Every single entry that follows is to be retyped exactly.

══════════

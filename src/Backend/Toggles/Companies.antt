-- ===== src/Backend/Toggles/Companies.antt =====
-- What a toggle of a company comes to, and what it means for the toggles of its feeds.
use manifeed.Common.{
  ℕ, Bool-cases, List, is_some, is_some-find, ◌≡◌, ◌⊎◌, inl, inr, refl, sym, ap, ◌∙◌, Bool, true,
  false, Option, none, some, map_option, any, find, update, find-update, find-update_ne, find-holds,
  if-cases, ==_iff, ◌==◌, arith, Outcome, ok, err, Error,
}
use manifeed.Db.{Database, Company, Feed, is_feed, is_company}
use manifeed.Backend.Toggles.{
  bool_eq, set_rss_company_enabled, commit_toggle, is_disabled, toggle_found_feed,
  toggle_rss_feed_enabled, toggle_found_company, toggle_rss_company_enabled,
}
use manifeed.Backend.Toggles.Outcomes.{bool_eq-eq}
use mathlib.Core.Path.{subst}

-- The switch of the company that an id finds.
abbrev pub switch_of : ℕ → Database → Option Bool
switch_of id db = map_option (λ c. c.enabled) (find (is_company id) db.companies)

-- A toggle that succeeds has set the company and answers so, and leaves all other companies and all
-- feeds as they were; a toggle that fails leaves the database as it was.
abbrev pub CompanyToggled : ℕ → Bool → Database → Outcome (ℕ × Bool) × Database → Type 0
CompanyToggled id enabled db (err e, db') = db' ≡ db
CompanyToggled id enabled db (ok (answer_id, answer), db') =
    (answer_id ≡ id)
    × (answer ≡ enabled)
    × (switch_of id db' ≡ some enabled)
    × (db'.feeds ≡ db.feeds)
    × ((k : ℕ)
        → ((k ≡ id) ⊎ (find (is_company k) db'.companies ≡ find (is_company k) db.companies)))

other_companies_kept :
    (id k : ℕ) (enabled : Bool) (cs : List Company)
    → (k ≡ id)
      ⊎ (find (is_company k) (update (is_company id) (λ row. record row { enabled = enabled }) cs)
          ≡ find (is_company k) cs)
other_companies_kept id k enabled cs = elim (Bool-cases (k == id)) [
  | inl same ↦ inl ((==_iff k id).0 same)
  | inr other ↦ inr (
      find-update_ne (is_company k) (is_company id) (λ row. record row { enabled = enabled }) cs
        (λ x. refl) (λ x m. ground (arith, ==_iff x.id k)))
]

commit-CompanyToggled :
    (id : ℕ) (enabled : Bool) (db : Database) (commits : Bool) (company : Company)
    → find (is_company id) db.companies ≡ some company
    → CompanyToggled id enabled db (
        commit_toggle Error.company_not_found commits
          (company.id, enabled)
          db
          (set_rss_company_enabled id enabled db))
unfolding set_rss_company_enabled
commit-CompanyToggled id enabled db commits company found =
    let known : any (is_company id) db.companies ≡ true =
      sym (is_some-find (is_company id) db.companies) ∙ ap is_some found in
    rw known (
      if-cases (CompanyToggled id enabled db) commits _ _
        (λ _. (
          (==_iff company.id id).0 (find-holds (is_company id) db.companies {a = company} found),
          refl,
          ap (map_option (λ c. c.enabled)) (
              find-update (is_company id) (λ row. record row { enabled = enabled }) db.companies
                {a = company} (λ x. refl) found),
          refl,
          λ k. other_companies_kept id k enabled db.companies,
        ))
        (λ _. refl))

-- A toggle of a company that succeeds answers with the company and the wanted switch, which the
-- company has behind it, and leaves every other company and all feeds as they were; one that fails
-- leaves the database as it was.
pub toggle_rss_company_enabled-CompanyToggled :
    (company_id : ℕ) (enabled commits : Bool) (db : Database)
    → CompanyToggled company_id enabled db
        (toggle_rss_company_enabled company_id enabled commits db)
unfolding toggle_rss_company_enabled toggle_found_company
toggle_rss_company_enabled-CompanyToggled company_id enabled commits db =
    go (find (is_company company_id) db.companies) refl
  where
    go :
        (o : Option Company)
        → find (is_company company_id) db.companies ≡ o
        → CompanyToggled company_id enabled db
            (toggle_found_company company_id enabled commits o db)
    go none missing = refl
    go (some company) found =
        if-cases (CompanyToggled company_id enabled db) (bool_eq company.enabled enabled) _ _
          (λ same.
            let e = bool_eq-eq company.enabled enabled same in
            (
              (==_iff company.id company_id).0
                  (find-holds (is_company company_id) db.companies {a = company} found),
              e,
              ap (map_option (λ c. c.enabled)) found ∙ ap some e,
              refl,
              λ k. inr refl,
            ))
          (λ _. commit-CompanyToggled company_id enabled db commits company found)

switched_off :
    (o : Option Company) → map_option (λ c. c.enabled) o ≡ some false → is_disabled o ≡ true
switched_off none h = cc
switched_off (some c) h = cc

-- Behind a request that switches a company off and succeeds, no feed of the company can be switched,
-- on or off: a request to do so is forbidden and leaves the database as it is.
pub company_off_forbids :
    (company_id feed_id : ℕ) (enabled commits commits' : Bool) (answer : ℕ × Bool)
    (db db' : Database) (feed : Feed)
    → toggle_rss_company_enabled company_id false commits db ≡ (ok answer, db')
    → find (is_feed feed_id) db'.feeds ≡ some feed
    → feed.company_id ≡ some company_id
    → bool_eq feed.enabled enabled ≡ false
    → toggle_rss_feed_enabled feed_id enabled commits' db' ≡ (err Error.toggle_forbidden, db')
unfolding toggle_rss_feed_enabled toggle_found_feed
company_off_forbids company_id feed_id enabled commits commits' answer db db' feed off found own
      other =
    let (_, _, switch, _, _) =
      subst (CompanyToggled company_id false db) off
        (toggle_rss_company_enabled-CompanyToggled company_id false commits db) in
    rw found (
      rw other
        (rw own (rw (switched_off (find (is_company company_id) db'.companies) switch) refl)))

══════════

- RESPONSE:
filename src/Backend/Toggles/Companies.antt
-- ===== src/Backend/Toggles/Companies.antt =====
-- What a toggle of a company comes to, and what it means for the toggles of its feeds.
use manifeed.Common.{
  ℕ, Bool-cases, List, is_some, is_some-find, ◌≡◌, ◌⊎◌, inl, inr, refl, sym, ap, ◌∙◌, Bool, true,
  false, Option, none, some, map_option, any, find, update, find-update, find-update_ne, find-holds,
  if-cases, ==_iff, ◌==◌, arith, Outcome, ok, err, Error,
}
use manifeed.Db.{Database, Company, Feed, is_feed, is_company}
use manifeed.Backend.Toggles.{
  bool_eq, set_rss_company_enabled, commit_toggle, is_disabled, toggle_found_feed,
  toggle_rss_feed_enabled, toggle_found_company, toggle_rss_company_enabled,
}
use manifeed.Backend.Toggles.Outcomes.{bool_eq-eq}
use mathlib.Core.Path.{subst}

-- The switch of the company that an id finds.
abbrev pub switch_of : ℕ → Database → Option Bool
switch_of id db = map_option (λ c. c.enabled) (find (is_company id) db.companies)

-- A toggle that succeeds has set the company and answers so, and leaves all other companies and all
-- feeds as they were; a toggle that fails leaves the database as it was.
abbrev pub CompanyToggled : ℕ → Bool → Database → Outcome (ℕ × Bool) × Database → Type 0
CompanyToggled id enabled db (err e, db') = db' ≡ db
CompanyToggled id enabled db (ok (answer_id, answer), db') =
    (answer_id ≡ id)
    × (answer ≡ enabled)
    × (switch_of id db' ≡ some enabled)
    × (db'.feeds ≡ db.feeds)
    × ((k : ℕ)
        → ((k ≡ id) ⊎ (find (is_company k) db'.companies ≡ find (is_company k) db.companies)))

other_companies_kept :
    (id k : ℕ) (enabled : Bool) (cs : List Company)
    → (k ≡ id)
      ⊎ (find (is_company k) (update (is_company id) (λ row. record row { enabled = enabled }) cs)
          ≡ find (is_company k) cs)
other_companies_kept id k enabled cs = elim (Bool-cases (k == id)) [
  | inl same ↦ inl ((==_iff k id).0 same)
  | inr other ↦ inr (
      find-update_ne (is_company k) (is_company id) (λ row. record row { enabled = enabled }) cs
        (λ x. refl) (λ x m. ground (arith, ==_iff x.id k)))
]

commit-CompanyToggled :
    (id : ℕ) (enabled : Bool) (db : Database) (commits : Bool) (company : Company)
    → find (is_company id) db.companies ≡ some company
    → CompanyToggled id enabled db (
        commit_toggle Error.company_not_found commits
          (company.id, enabled)
          db
          (set_rss_company_enabled id enabled db))
unfolding set_rss_company_enabled
commit-CompanyToggled id enabled db commits company found =
    let known : any (is_company id) db.companies ≡ true =
      sym (is_some-find (is_company id) db.companies) ∙ ap is_some found in
    rw known (
      if-cases (CompanyToggled id enabled db) commits _ _
        (λ _. (
          (==_iff company.id id).0 (find-holds (is_company id) db.companies {a = company} found),
          refl,
          ap (map_option (λ c. c.enabled)) (
              find-update (is_company id) (λ row. record row { enabled = enabled }) db.companies
                {a = company} (λ x. refl) found),
          refl,
          λ k. other_companies_kept id k enabled db.companies,
        ))
        (λ _. refl))

-- A toggle of a company that succeeds answers with the company and the wanted switch, which the
-- company has behind it, and leaves every other company and all feeds as they were; one that fails
-- leaves the database as it was.
pub toggle_rss_company_enabled-CompanyToggled :
    (company_id : ℕ) (enabled commits : Bool) (db : Database)
    → CompanyToggled company_id enabled db
        (toggle_rss_company_enabled company_id enabled commits db)
unfolding toggle_rss_company_enabled toggle_found_company
toggle_rss_company_enabled-CompanyToggled company_id enabled commits db =
    go (find (is_company company_id) db.companies) refl
  where
    go :
        (o : Option Company)
        → find (is_company company_id) db.companies ≡ o
        → CompanyToggled company_id enabled db
            (toggle_found_company company_id enabled commits o db)
    go none missing = refl
    go (some company) found =
        if-cases (CompanyToggled company_id enabled db) (bool_eq company.enabled enabled) _ _
          (λ same.
            let e = bool_eq-eq company.enabled enabled same in
            (
              (==_iff company.id company_id).0
                  (find-holds (is_company company_id) db.companies {a = company} found),
              e,
              ap (map_option (λ c. c.enabled)) found ∙ ap some e,
              refl,
              λ k. inr refl,
            ))
          (λ _. commit-CompanyToggled company_id enabled db commits company found)

switched_off :
    (o : Option Company) → map_option (λ c. c.enabled) o ≡ some false → is_disabled o ≡ true
switched_off none h = cc
switched_off (some c) h = cc

-- Behind a request that switches a company off and succeeds, no feed of the company can be switched,
-- on or off: a request to do so is forbidden and leaves the database as it is.
pub company_off_forbids :
    (company_id feed_id : ℕ) (enabled commits commits' : Bool) (answer : ℕ × Bool)
    (db db' : Database) (feed : Feed)
    → toggle_rss_company_enabled company_id false commits db ≡ (ok answer, db')
    → find (is_feed feed_id) db'.feeds ≡ some feed
    → feed.company_id ≡ some company_id
    → bool_eq feed.enabled enabled ≡ false
    → toggle_rss_feed_enabled feed_id enabled commits' db' ≡ (err Error.toggle_forbidden, db')
unfolding toggle_rss_feed_enabled toggle_found_feed
company_off_forbids company_id feed_id enabled commits commits' answer db db' feed off found own
      other =
    let (_, _, switch, _, _) =
      subst (CompanyToggled company_id false db) off
        (toggle_rss_company_enabled-CompanyToggled company_id false commits db) in
    rw found (
      rw other
        (rw own (rw (switched_off (find (is_company company_id) db'.companies) switch) refl)))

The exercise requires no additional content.